I think here we can presume that, because of the real-world nature of how dances occur and because we're told "each dance involves three sets of children," we can know that, say, dance 1 involves all six at once with three simultaneous pairs. That means that for each dance all three boys and all three girls are partnered with one another, and no boy could dance with two girls while someone else is left out.

What's encouraging here is that you're looking to test the limits of what could occur, and that's a key idea for a number of games.
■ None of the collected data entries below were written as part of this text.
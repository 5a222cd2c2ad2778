-- ===== src/Limiter/Gcra/Bucket.antt =====
-- The bucket behind the arrival time: what `gcraCheck` computes, in natural numbers.
use distributed_rate_limiter.Prelude.{
  ℕ, ◌+◌, ◌-◌, ◌*◌, ◌/◌, ◌≤◌, ◌<◌, ◌≡◌, refl, some, arith, if◌then◌else◌, ◌==◌, ltb, true, false,
  Bool,
}
use distributed_rate_limiter.Prelude.Int.{
  ℤ, pos, neg, ◌+ℤ◌, ◌≤ℤ◌, pos_part, ltb_ℤ, sub64-pos, mul64-pos, div64-pos, neg64-pos,
  sub_time-add, neg_parts, int_laws, +ℤ_parts, -ℤ_parts, ◌-ℤ◌, one_part, eq_of_parts,
  add-sub-cancel,
}
use native.Mathlib.Nat.{mul-le-mul_left}
use distributed_rate_limiter.Limiter.Limit.{Limit, capacity}
use distributed_rate_limiter.Limiter.Limit.Sizes.{HasSizes, capacity_of}
use distributed_rate_limiter.Limiter.Limit.Emission.{
  interval, emission-interval, tolerance-interval, interval_lower,
}
use distributed_rate_limiter.Limiter.Request.{Decision}
use distributed_rate_limiter.Limiter.Gcra.{gcra_check, gcra_decide, headroom}

headroom-pos :
    (e t d : ℕ) (now : ℤ)
    → 0 < e
    → t < 9223372036854775808
    → d ≤ t
    → headroom (pos e) (pos t) now (now +ℤ pos d) ≡ some (pos ((t - d) / e))
unfolding headroom
headroom-pos e t d now he ht hd =
    rw (sub_time-add now d (omega arith), sub64-pos t d hd ht)
      (ground (arith, div64-pos (t - d) e he (omega arith)))

told : Limit → Bool → ℕ → ℕ → ℕ → Decision
told l allowed remaining retry reset = record {
  name = l.name;
  allowed = allowed;
  limit = capacity l;
  remaining = pos remaining;
  retry_after = pos retry;
  reset_after = pos reset;
}

-- The rule in natural numbers, for a bucket with debt `d` of the tolerance `t`: `c` units cost
-- `e * c` of it.
unfoldable pub verdict : Limit → ℕ → ℕ → ℤ → ℕ → ℕ → ℤ × Decision
unfolding told
verdict l e t now d c =
    if c == 0
    then (now +ℤ pos d, told l true ((t - d) / e) 0 d)
    else if ltb t (d + e * c)
    then (now +ℤ pos d, told l false ((t - d) / e) (d + e * c - t) d)
    else (now +ℤ pos (d + e * c), told l true ((t - (d + e * c)) / e) 0 (d + e * c))

add_time_twice : (u : ℤ) (a b : ℕ) → u +ℤ pos a +ℤ pos b ≡ u +ℤ pos (a + b)
add_time_twice u a b = omega int_laws

back : (u : ℤ) (a b : ℕ) → b < a → u +ℤ pos a +ℤ neg b ≡ u +ℤ pos (a - b)
back u a b h = omega (int_laws, neg_parts b)

is_after : (u : ℤ) (a b : ℕ) → ltb_ℤ u (u +ℤ pos a +ℤ neg b) ≡ ltb b a
is_after u a b = ground (arith, +ℤ_parts u (pos a), +ℤ_parts (u +ℤ pos a) (neg b), neg_parts b)

module _ (l : Limit) (e t : ℕ) (now : ℤ) (d c : ℕ) where
  decide-verdict :
      0 < e
      → t < 9223372036854775808
      → d ≤ t
      → e * c ≤ t
      → gcra_decide l (pos e) (pos t) (now +ℤ pos d) now (pos c) ≡ some (verdict l e t now d c)
  unfolding gcra_decide verdict
  decide-verdict he ht hd hc = ground (
    arith,
    mul64-pos e c (omega arith),
    neg64-pos t ht,
    add_time_twice now d (e * c),
    is_after now (d + e * c) t,
    back now (d + e * c) t,
    sub_time-add now d (omega arith),
    sub_time-add now (d + e * c),
    sub_time-add now (d + e * c - t),
    headroom-pos e t d now he ht hd,
    headroom-pos e t (d + e * c) now he ht,
  )

-- How far the arrival time lies ahead of now: 0 for a full bucket.
abbrev pub debt : ℤ → ℤ → ℕ
debt tat now = pos_part (tat -ℤ now)

pub catch_up : (tat now : ℤ) → (if ltb_ℤ tat now then now else tat) ≡ now +ℤ pos (debt tat now)
catch_up tat now = ground (
  arith,
  -ℤ_parts tat now,
  one_part (tat -ℤ now),
  +ℤ_parts now (pos (debt tat now)),
  eq_of_parts now (now +ℤ pos (debt tat now)),
  eq_of_parts tat (now +ℤ pos (debt tat now)),
)

pub debt-add : (now : ℤ) (d : ℕ) → debt (now +ℤ pos d) now ≡ d
debt-add now d = rw (add-sub-cancel now (pos d))

-- The nanoseconds that a full bucket's worth of units takes to accrue.
unfoldable pub full : Limit → ℕ
full l = interval l * capacity_of l

pub full_lem : (l : Limit) → full l ≡ interval l * capacity_of l
unfolding full
full_lem l = refl

-- A limit that `Validate` accepts, with a tolerance that an int64 can hold.
pub record IsSound (l : Limit) : Type 0 where
  pub sizes : HasSizes l
  pub fits : full l < 9223372036854775808

pub cost-le-full : (l : Limit) (c : ℕ) → c ≤ capacity_of l → interval l * c ≤ full l
unfolding full
cost-le-full l c k = mul-le-mul_left (interval l) k

-- A debt shrinks with the time that passes, down to nothing.
pub debt_later :
    (tat now later : ℤ) (x : ℕ) → later ≡ now +ℤ pos x → debt tat later ≡ debt tat now - x
debt_later tat now later x e = ground (
  arith,
  -ℤ_parts tat now,
  -ℤ_parts tat later,
  one_part (tat -ℤ now),
  one_part (tat -ℤ later),
  +ℤ_parts now (pos x),
)

pub elapsed : (now later : ℤ) → now ≤ℤ later → (x : ℕ) × (later ≡ now +ℤ pos x)
elapsed now later h = (
  pos_part (later -ℤ now),
  omega (
    arith,
    -ℤ_parts later now,
    one_part (later -ℤ now),
    +ℤ_parts now (pos (pos_part (later -ℤ now))),
    eq_of_parts,
  ),
)

pub check-verdict :
    (l : Limit) (tat now : ℤ) (c : ℕ)
    → IsSound l
    → debt tat now ≤ full l
    → c ≤ capacity_of l
    → gcra_check l tat now (pos c) ≡ some (verdict l (interval l) (full l) now (debt tat now) c)
unfolding gcra_check full
check-verdict l tat now c s h k =
    rw (emission-interval l s.sizes, tolerance-interval l s.sizes s.fits, catch_up tat now)
      (decide-verdict l (interval l) (full l) now (debt tat now) c (omega (arith, interval_lower l))
        s.fits h (mul-le-mul_left (interval l) k))
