-- ===== src/Merkle/Commits/Repeat.antt =====
-- A commit that returns has stored its object, which a commit of the same tree finds afterwards.
use zentral.Merkle.Commits.{
  found_or, ◌then_do◌, save_draft, lifted, Store, Session, Environment, Draft, get, save_object,
  commit_prepared, commit, drafted, items_of, empty_draft, fill,
}
use zentral.Merkle.Commits.Steps.{
  save_object-Ends, lifted-ok, Ends-found_or, Ends, Ends-continue, Ends-always, Ends_at, get-append,
}
use zentral.Base.{Bool, String, ap, false, refl, some, suc, sym, zero, ℕ, ◌∙◌, ◌≡◌}
use zentral.Merkle.Results.{err-ne-ok, Result, ok}
use zentral.Merkle.Trees.Reorder.{SameTree}
use zentral.Merkle.Trees.Subtrees.{Reaches}
use zentral.Merkle.Trees.Hashes.{SameTree-hash}
use zentral.Merkle.Trees.{Tree, prepare_commit_tree, hash_text}
use zentral.Merkle.Objects.{Object}

module _ (env : Environment) where
  -- the object that is returned is the one that is found under the hash
  abbrev pub Found : String → String → Store → Object × Bool → Type 0
  Found model h st o = get model h st ≡ some o.0

  save_object-Found :
      (model : String) (obj : Object) (st : Store)
      → Ends (Found model obj.mt_hash) (save_object env model obj st)
  save_object-Found model obj st =
      save_object-Ends env (Found model obj.mt_hash) model obj st (λ other same. same)
        (λ fresh right. get-append model obj.mt_hash (env.meanwhile st) _ fresh refl refl)

  pub commit-Found :
      (depth : ℕ) (model : String) (tree p : Tree) (st : Store)
      → prepare_commit_tree env.sha1 env.make_naive tree ≡ ok p
      → Ends (Found model (hash_text p)) (commit env (suc depth) model tree st)
  unfolding commit commit_prepared save_draft
  commit-Found depth model tree p st prepared = rw (prepared) (
      Ends-found_or Q (get model (hash_text p) st) next st (λ o same. same)
        (λ fresh.
          Ends-continue (λ s d. Unit) Q (save_draft env model (hash_text p)) filled
            (Ends-always (λ s d. Unit) filled (λ s d. tt))
            (λ s draft u. save_object-Found model (drafted (hash_text p) draft) s)))
    where
      Q : Store → Object × Bool → Type 0
      Q = Found model (hash_text p)

      filled : Store × Result Draft
      filled = fill (commit env depth) (env.models model) (items_of p) empty_draft st

      next : Session (Object × Bool)
      next =
          fill (commit env depth) (env.models model) (items_of p) empty_draft
          then_do save_draft env model (hash_text p)

  -- a commit that returns has prepared its tree, and its object is found under the hash
  pub commit-stored :
      (depth : ℕ) (model : String) (tree : Tree) (st after : Store) (obj : Object) (created : Bool)
      → commit env (suc depth) model tree st ≡ (after, ok (obj, created))
      → (p : Tree) × ((prepare_commit_tree env.sha1 env.make_naive tree ≡ ok p)
          × (get model (hash_text p) after ≡ some obj))
  unfolding commit
  commit-stored depth model tree st after obj created h =
      let prepared =
        lifted-ok (prepare_commit_tree env.sha1 env.make_naive tree)
          (commit_prepared env (commit env depth) model) st after (obj, created) h in
      (
        prepared.0,
        (
          prepared.1,
          Ends_at (Found model (hash_text prepared.0)) (commit env (suc depth) model tree st) after
              (obj, created) (commit-Found depth model tree prepared.0 st prepared.1) h,
        ),
      )

  -- a tree whose hash is stored
  pub commit-found :
      (depth : ℕ) (model : String) (tree p : Tree) (st : Store) (obj : Object)
      → prepare_commit_tree env.sha1 env.make_naive tree ≡ ok p
      → get model (hash_text p) st ≡ some obj
      → commit env (suc depth) model tree st ≡ (st, ok (obj, false))
  unfolding commit commit_prepared
  commit-found depth model tree p st obj prepared found =
      ap (λ r. (lifted r then_do commit_prepared env (commit env depth) model) st) prepared
      ∙ ap (λ o. found_or o next st) found
    where
      next : Session (Object × Bool)
      next =
          fill (commit env depth) (env.models model) (items_of p) empty_draft
          then_do save_draft env model (hash_text p)

  -- A commit that returns an object has stored it: a commit right afterwards of a tree that is the
  -- same but for the order of the keys and of the lists, at any depth, returns the same object as one
  -- that was there and changes nothing, whatever the first commit did and whatever other processes
  -- stored while it ran.
  pub commit-SameTree :
      (depth : ℕ) (model : String) (tree other : Tree) (st after : Store) (obj : Object)
      (created : Bool)
      → SameTree tree other
      → commit env depth model tree st ≡ (after, ok (obj, created))
      → commit env depth model other after ≡ (after, ok (obj, false))
  unfolding commit Reaches
  commit-SameTree zero model tree other st after obj created s h =
      err-ne-ok {a = (obj, created)} (ap (λ r. r.1) h)
  commit-SameTree (suc depth) model tree other st after obj created s h =
      let c = commit-stored depth model tree st after obj created h in
      let q = SameTree-hash env.sha1 env.make_naive s c.0 c.1.0 in
      commit-found depth model other q.0 after obj q.1.0
        (ap (λ x. get model x after) (sym q.1.1) ∙ c.1.1)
Just don't go beyond the reality of a situation that has physical implications (in the same way that someone visiting cities couldn't be in two different places at once).

I hope that helps!

[sonnenstrahl]

Hi Jon,

Thank you for your response! Much appreciated.

[kristinaroz93]

This was a tough game !
I am actually trying to understand the rules still:

1) a) "No two children can partner eachother in more than one dance". Does that mean for instance, you cant have l+r and l+r both dance together in dance 1 and then dance 2, in addition to the fact that that no child can dance more than once in any given dance generally (i.e. if l already danced with someone in dance 1,I cannot dance in dance 1 again even if with a different partner)?
b) And How did we automatically know that 3 pairs meant 6 DIFFERENT people in total for each dance and not having any repition at all!!? Even though this repeats the last point, can't someone go again in dance 1 but just with a different partner this time?Why can there be no repetition going vertically of male dancers as the diagrams presented in the bible explanation section show (starts pg 420 of games bible)?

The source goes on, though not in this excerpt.